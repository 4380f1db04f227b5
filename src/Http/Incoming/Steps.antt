-- ===== src/Http/Incoming/Steps.antt =====
-- src/http/incoming/Message.cc: OnBufferedData on one line of each kind, and the loop behind it.
use rikitiki.Base.Decimal.{decimal, read_size-decimal}
use rikitiki.Base.StringMap.{lookup}
use rikitiki.Base.{
  ℕ, suc, ◌^◌, ◌<◌, true, false, List, [], ◌∷◌, ◌++◌, Option, none, some, ◌≡◌, ◌≢◌, refl, ap, ◌∙◌,
  arith, ◌==◌, if◌then◌else◌, Bytes, codes, c_str_whole, isspace, length, All, All-append, HasNoNul,
  append_assoc, ne→==,
}
use rikitiki.Http.Encoding.{Encoding, is_chunked}
use rikitiki.Http.Header.{HeaderCollection, Header, add, get_size, get_encoding}
use rikitiki.Http.Parsing.{
  headers, start_line, body, BufferMode, body_type_from, is_finished, known_size, size_max,
  finished,
}
use rikitiki.Http.Parsing.Scan.{
  is_newline, IsHeaderName, IsHeaderValue, header_line, read_header_name_line,
  read_header_value_line,
}
use rikitiki.Http.Parsing.Reader.{Reader, Outcome, deliver, on_data_loop}
use rikitiki.Http.Parsing.Reader.Line.{IsLine, crlf, at_line, full_line, loop_crlf}
use rikitiki.Http.Incoming.{
  IMessage, content_length, transfer_encoding, begins_line_break, headers_end, header_read,
  start_read, state_read, on_buffered, body_read, sized_read,
}
use rikitiki.Http.Incoming.Client.{stream_client}

-- A header whose line is read back: a name that is not empty, and name and value without NUL.
pub record IsSent (h : Header) : Type 0 where
  pub name : IsHeaderName h.first
  pub value : IsHeaderValue h.second
  pub named : h.first ≢ []
  pub name_text : HasNoNul h.first
  pub value_text : HasNoNul h.second

abbrev pub add_headers : List Header → HeaderCollection → HeaderCollection
add_headers [] m = m
add_headers (h ∷ hs) m = add_headers hs (add h.first h.second m)

abbrev pub length_name : Bytes
length_name = codes "Content-Length"

abbrev pub encoding_name : Bytes
encoding_name = codes "Transfer-Encoding"

abbrev pub header_text : Header → Bytes
header_text h = h.first ++ (codes ": " ++ h.second)

pub header_text_line : (h : Header) → header_line h.first h.second ≡ header_text h ++ crlf
header_text_line h = simp append_assoc

name-IsLine : (n : Bytes) → IsHeaderName n → HasNoNul n → IsLine n
unfolding isspace
name-IsLine [] h t = tt
name-IsLine (c ∷ n) ((s, k), h) (ne, t) = ((ne, ground arith), name-IsLine n h t)

pub value-IsLine : (v : Bytes) → All (λ c. is_newline c ≡ false) v → HasNoNul v → IsLine v
value-IsLine [] h t = tt
value-IsLine (c ∷ v) (s, h) (ne, t) = ((ne, s), value-IsLine v h t)

pub header_text-IsLine : (h : Header) → IsSent h → IsLine (header_text h)
header_text-IsLine h s =
    All-append _ h.first _ (name-IsLine h.first s.name s.name_text)
      ((omega arith, refl), ((omega arith, refl), value-IsLine h.second s.value.0 s.value_text))

name_begins : (n rest : Bytes) → n ≢ [] → IsHeaderName n → begins_line_break (n ++ rest) ≡ false
unfolding isspace
name_begins [] rest ne h = absurd (ne refl)
name_begins (c ∷ n) rest ne ((s, k), h) = ground arith

content_length_sized :
    (h : HeaderCollection) (n : ℕ)
    → lookup length_name h ≡ some (decimal n)
    → n < size_max
    → content_length h ≡ n
unfolding get_size
content_length_sized h n sized small =
    rw (sized, get_size) (read_size-decimal size_max n (omega arith))

transfer_encoding_missing :
    (h : HeaderCollection) → lookup encoding_name h ≡ none → transfer_encoding h ≡ Encoding.unknown
unfolding get_encoding
transfer_encoding_missing h plain = rw (plain, get_encoding)

module _ {A : Type 0} (set_startline : A → Bytes → Option A) where
  abbrev pub loop : ℕ → Reader → IMessage A → Bytes → Outcome (IMessage A)
  loop f r m d = on_data_loop (on_buffered set_startline) f r m d []

  -- A line that leaves the reader alone is followed by the next line.
  pub loop_step :
      (f e : ℕ) (m m' : IMessage A) (l rest : Bytes)
      → IsLine l
      → length (l ++ (crlf ++ rest)) < 2 ^ 64
      → on_buffered set_startline (full_line l) m (l ++ crlf) ≡ some (full_line l, m', false)
      → loop (suc f) (at_line e) m (l ++ (crlf ++ rest))
        ≡ loop f (at_line (length (l ++ crlf))) m' rest
  loop_step f e m m' l rest line small called =
      loop_crlf (on_buffered set_startline) (stream_client set_startline) f e m l rest line small
      ∙ ap (λ o. deliver o (λ r' s'. loop f r' s' rest)) called

  pub read_start :
      (r : Reader) (m : IMessage A) (d : Bytes) (a : A)
      → m.stream_state ≡ start_line
      → HasNoNul d
      → set_startline m.start d ≡ some a
      → on_buffered set_startline r m d
        ≡ some (r, record m { start = a; stream_state = headers }, false)
  unfolding on_buffered state_read start_read
  read_start r m d a s text e = rw (s, state_read, c_str_whole d text, e, start_read)

  pub read_header :
      (r : Reader) (m : IMessage A) (h : Header)
      → m.stream_state ≡ headers
      → IsSent h
      → on_buffered set_startline r m (header_line h.first h.second)
        ≡ some (r, record m { header_map = add h.first h.second m.header_map }, false)
  unfolding on_buffered state_read header_read
  read_header r m h s sent = rw (
    s,
    state_read,
    name_begins h.first _ sent.named sent.name,
    read_header_name_line h.first h.second sent.name sent.value,
    header_read,
    read_header_value_line h.second sent.value,
    c_str_whole h.first sent.name_text,
    c_str_whole h.second sent.value_text,
  )

  headers_end_sized :
      (r : Reader) (m : IMessage A) (n : ℕ)
      → lookup length_name m.header_map ≡ some (decimal n)
      → lookup encoding_name m.header_map ≡ none
      → n < size_max
      → headers_end r m
        ≡ some (
          record r { mode = BufferMode.none; expected_size = n },
          record m { body_type = known_size; stream_state = if n == 0 then finished else body },
          is_finished (if n == 0 then finished else body),
        )
  unfolding headers_end body_type_from is_chunked
  headers_end_sized r m n sized plain small = rw (
    headers_end,
    content_length_sized m.header_map n sized small,
    transfer_encoding_missing m.header_map plain,
    body_type_from,
    ne→== n size_max (omega arith),
  )

  -- The empty line behind headers that give a length.
  pub read_end :
      (m : IMessage A) (n : ℕ)
      → m.stream_state ≡ headers
      → lookup length_name m.header_map ≡ some (decimal n)
      → lookup encoding_name m.header_map ≡ none
      → n < size_max
      → on_buffered set_startline (full_line []) m crlf
        ≡ some (
          record (full_line []) { mode = BufferMode.none; expected_size = n },
          record m { body_type = known_size; stream_state = if n == 0 then finished else body },
          is_finished (if n == 0 then finished else body),
        )
  unfolding on_buffered state_read
  read_end m n s sized plain small =
      rw (s, state_read) (headers_end_sized (full_line []) m n sized plain small)

  -- A body that comes in whole.
  pub read_sized :
      (r : Reader) (m : IMessage A) (c : ℕ) (cs : Bytes)
      → m.stream_state ≡ body
      → m.body_type ≡ known_size
      → m.is_bad ≡ false
      → r.expected_size ≡ length (c ∷ cs)
      → on_buffered set_startline r m (c ∷ cs)
        ≡ some (
          record r { mode = BufferMode.none; expected_size = 0 },
          record m { stream_state = finished; content = m.content ++ c ∷ cs },
          true,
        )
  unfolding on_buffered state_read body_read sized_read
  read_sized r m c cs s t good e =
      rw (s, state_read, t, body_read, sized_read, e, good) (ground arith)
===============
_TO DO:_ Transcribe all of the material above with complete accuracy.

_OUTPUT OF THE TASK:_
repository 4380f1db04f227b5
filename src/Http/Incoming/Steps.antt
-- ===== src/Http/Incoming/Steps.antt =====
-- src/http/incoming/Message.cc: OnBufferedData on one line of each kind, and the loop behind it.
use rikitiki.Base.Decimal.{decimal, read_size-decimal}
use rikitiki.Base.StringMap.{lookup}
use rikitiki.Base.{
  ℕ, suc, ◌^◌, ◌<◌, true, false, List, [], ◌∷◌, ◌++◌, Option, none, some, ◌≡◌, ◌≢◌, refl, ap, ◌∙◌,
  arith, ◌==◌, if◌then◌else◌, Bytes, codes, c_str_whole, isspace, length, All, All-append, HasNoNul,
  append_assoc, ne→==,
}
use rikitiki.Http.Encoding.{Encoding, is_chunked}
use rikitiki.Http.Header.{HeaderCollection, Header, add, get_size, get_encoding}
use rikitiki.Http.Parsing.{
  headers, start_line, body, BufferMode, body_type_from, is_finished, known_size, size_max,
  finished,
}
use rikitiki.Http.Parsing.Scan.{
  is_newline, IsHeaderName, IsHeaderValue, header_line, read_header_name_line,
  read_header_value_line,
}
use rikitiki.Http.Parsing.Reader.{Reader, Outcome, deliver, on_data_loop}
use rikitiki.Http.Parsing.Reader.Line.{IsLine, crlf, at_line, full_line, loop_crlf}
use rikitiki.Http.Incoming.{
  IMessage, content_length, transfer_encoding, begins_line_break, headers_end, header_read,
  start_read, state_read, on_buffered, body_read, sized_read,
}
use rikitiki.Http.Incoming.Client.{stream_client}

-- A header whose line is read back: a name that is not empty, and name and value without NUL.
pub record IsSent (h : Header) : Type 0 where
  pub name : IsHeaderName h.first
  pub value : IsHeaderValue h.second
  pub named : h.first ≢ []
  pub name_text : HasNoNul h.first
  pub value_text : HasNoNul h.second

abbrev pub add_headers : List Header → HeaderCollection → HeaderCollection
add_headers [] m = m
add_headers (h ∷ hs) m = add_headers hs (add h.first h.second m)

abbrev pub length_name : Bytes
length_name = codes "Content-Length"

abbrev pub encoding_name : Bytes
encoding_name = codes "Transfer-Encoding"

abbrev pub header_text : Header → Bytes
header_text h = h.first ++ (codes ": " ++ h.second)

pub header_text_line : (h : Header) → header_line h.first h.second ≡ header_text h ++ crlf
header_text_line h = simp append_assoc

name-IsLine : (n : Bytes) → IsHeaderName n → HasNoNul n → IsLine n
unfolding isspace
name-IsLine [] h t = tt
name-IsLine (c ∷ n) ((s, k), h) (ne, t) = ((ne, ground arith), name-IsLine n h t)

pub value-IsLine : (v : Bytes) → All (λ c. is_newline c ≡ false) v → HasNoNul v → IsLine v
value-IsLine [] h t = tt
value-IsLine (c ∷ v) (s, h) (ne, t) = ((ne, s), value-IsLine v h t)

pub header_text-IsLine : (h : Header) → IsSent h → IsLine (header_text h)
header_text-IsLine h s =
    All-append _ h.first _ (name-IsLine h.first s.name s.name_text)
      ((omega arith, refl), ((omega arith, refl), value-IsLine h.second s.value.0 s.value_text))

name_begins : (n rest : Bytes) → n ≢ [] → IsHeaderName n → begins_line_break (n ++ rest) ≡ false
unfolding isspace
name_begins [] rest ne h = absurd (ne refl)
name_begins (c ∷ n) rest ne ((s, k), h) = ground arith

content_length_sized :
    (h : HeaderCollection) (n : ℕ)
    → lookup length_name h ≡ some (decimal n)
    → n < size_max
    → content_length h ≡ n
unfolding get_size
content_length_sized h n sized small =
    rw (sized, get_size) (read_size-decimal size_max n (omega arith))

transfer_encoding_missing :
    (h : HeaderCollection) → lookup encoding_name h ≡ none → transfer_encoding h ≡ Encoding.unknown
unfolding get_encoding
transfer_encoding_missing h plain = rw (plain, get_encoding)

module _ {A : Type 0} (set_startline : A → Bytes → Option A) where
  abbrev pub loop : ℕ → Reader → IMessage A → Bytes → Outcome (IMessage A)
  loop f r m d = on_data_loop (on_buffered set_startline) f r m d []

  -- A line that leaves the reader alone is followed by the next line.
  pub loop_step :
      (f e : ℕ) (m m' : IMessage A) (l rest : Bytes)
      → IsLine l
      → length (l ++ (crlf ++ rest)) < 2 ^ 64
      → on_buffered set_startline (full_line l) m (l ++ crlf) ≡ some (full_line l, m', false)
      → loop (suc f) (at_line e) m (l ++ (crlf ++ rest))
        ≡ loop f (at_line (length (l ++ crlf))) m' rest
  loop_step f e m m' l rest line small called =
      loop_crlf (on_buffered set_startline) (stream_client set_startline) f e m l rest line small
      ∙ ap (λ o. deliver o (λ r' s'. loop f r' s' rest)) called

  pub read_start :
      (r : Reader) (m : IMessage A) (d : Bytes) (a : A)
      → m.stream_state ≡ start_line
      → HasNoNul d
      → set_startline m.start d ≡ some a
      → on_buffered set_startline r m d
        ≡ some (r, record m { start = a; stream_state = headers }, false)
  unfolding on_buffered state_read start_read
  read_start r m d a s text e = rw (s, state_read, c_str_whole d text, e, start_read)

  pub read_header :
      (r : Reader) (m : IMessage A) (h : Header)
      → m.stream_state ≡ headers
      → IsSent h
      → on_buffered set_startline r m (header_line h.first h.second)
        ≡ some (r, record m { header_map = add h.first h.second m.header_map }, false)
  unfolding on_buffered state_read header_read
  read_header r m h s sent = rw (
    s,
    state_read,
    name_begins h.first _ sent.named sent.name,
    read_header_name_line h.first h.second sent.name sent.value,
    header_read,
    read_header_value_line h.second sent.value,
    c_str_whole h.first sent.name_text,
    c_str_whole h.second sent.value_text,
  )

  headers_end_sized :
      (r : Reader) (m : IMessage A) (n : ℕ)
      → lookup length_name m.header_map ≡ some (decimal n)
      → lookup encoding_name m.header_map ≡ none
      → n < size_max
      → headers_end r m
        ≡ some (
          record r { mode = BufferMode.none; expected_size = n },
          record m { body_type = known_size; stream_state = if n == 0 then finished else body },
          is_finished (if n == 0 then finished else body),
        )
  unfolding headers_end body_type_from is_chunked
  headers_end_sized r m n sized plain small = rw (
    headers_end,
    content_length_sized m.header_map n sized small,
    transfer_encoding_missing m.header_map plain,
    body_type_from,
    ne→== n size_max (omega arith),
  )

  -- The empty line behind headers that give a length.
  pub read_end :
      (m : IMessage A) (n : ℕ)
      → m.stream_state ≡ headers
      → lookup length_name m.header_map ≡ some (decimal n)
      → lookup encoding_name m.header_map ≡ none
      → n < size_max
      → on_buffered set_startline (full_line []) m crlf
        ≡ some (
          record (full_line []) { mode = BufferMode.none; expected_size = n },
          record m { body_type = known_size; stream_state = if n == 0 then finished else body },
          is_finished (if n == 0 then finished else body),
        )
  unfolding on_buffered state_read
  read_end m n s sized plain small =
      rw (s, state_read) (headers_end_sized (full_line []) m n sized plain small)

  -- A body that comes in whole.
  pub read_sized :
      (r : Reader) (m : IMessage A) (c : ℕ) (cs : Bytes)
      → m.stream_state ≡ body
      → m.body_type ≡ known_size
      → m.is_bad ≡ false
      → r.expected_size ≡ length (c ∷ cs)
      → on_buffered set_startline r m (c ∷ cs)
        ≡ some (
          record r { mode = BufferMode.none; expected_size = 0 },
          record m { stream_state = finished; content = m.content ++ c ∷ cs },
          true,
        )
  unfolding on_buffered state_read body_read sized_read
  read_sized r m c cs s t good e =
      rw (s, state_read, t, body_read, sized_read, e, good) (ground arith)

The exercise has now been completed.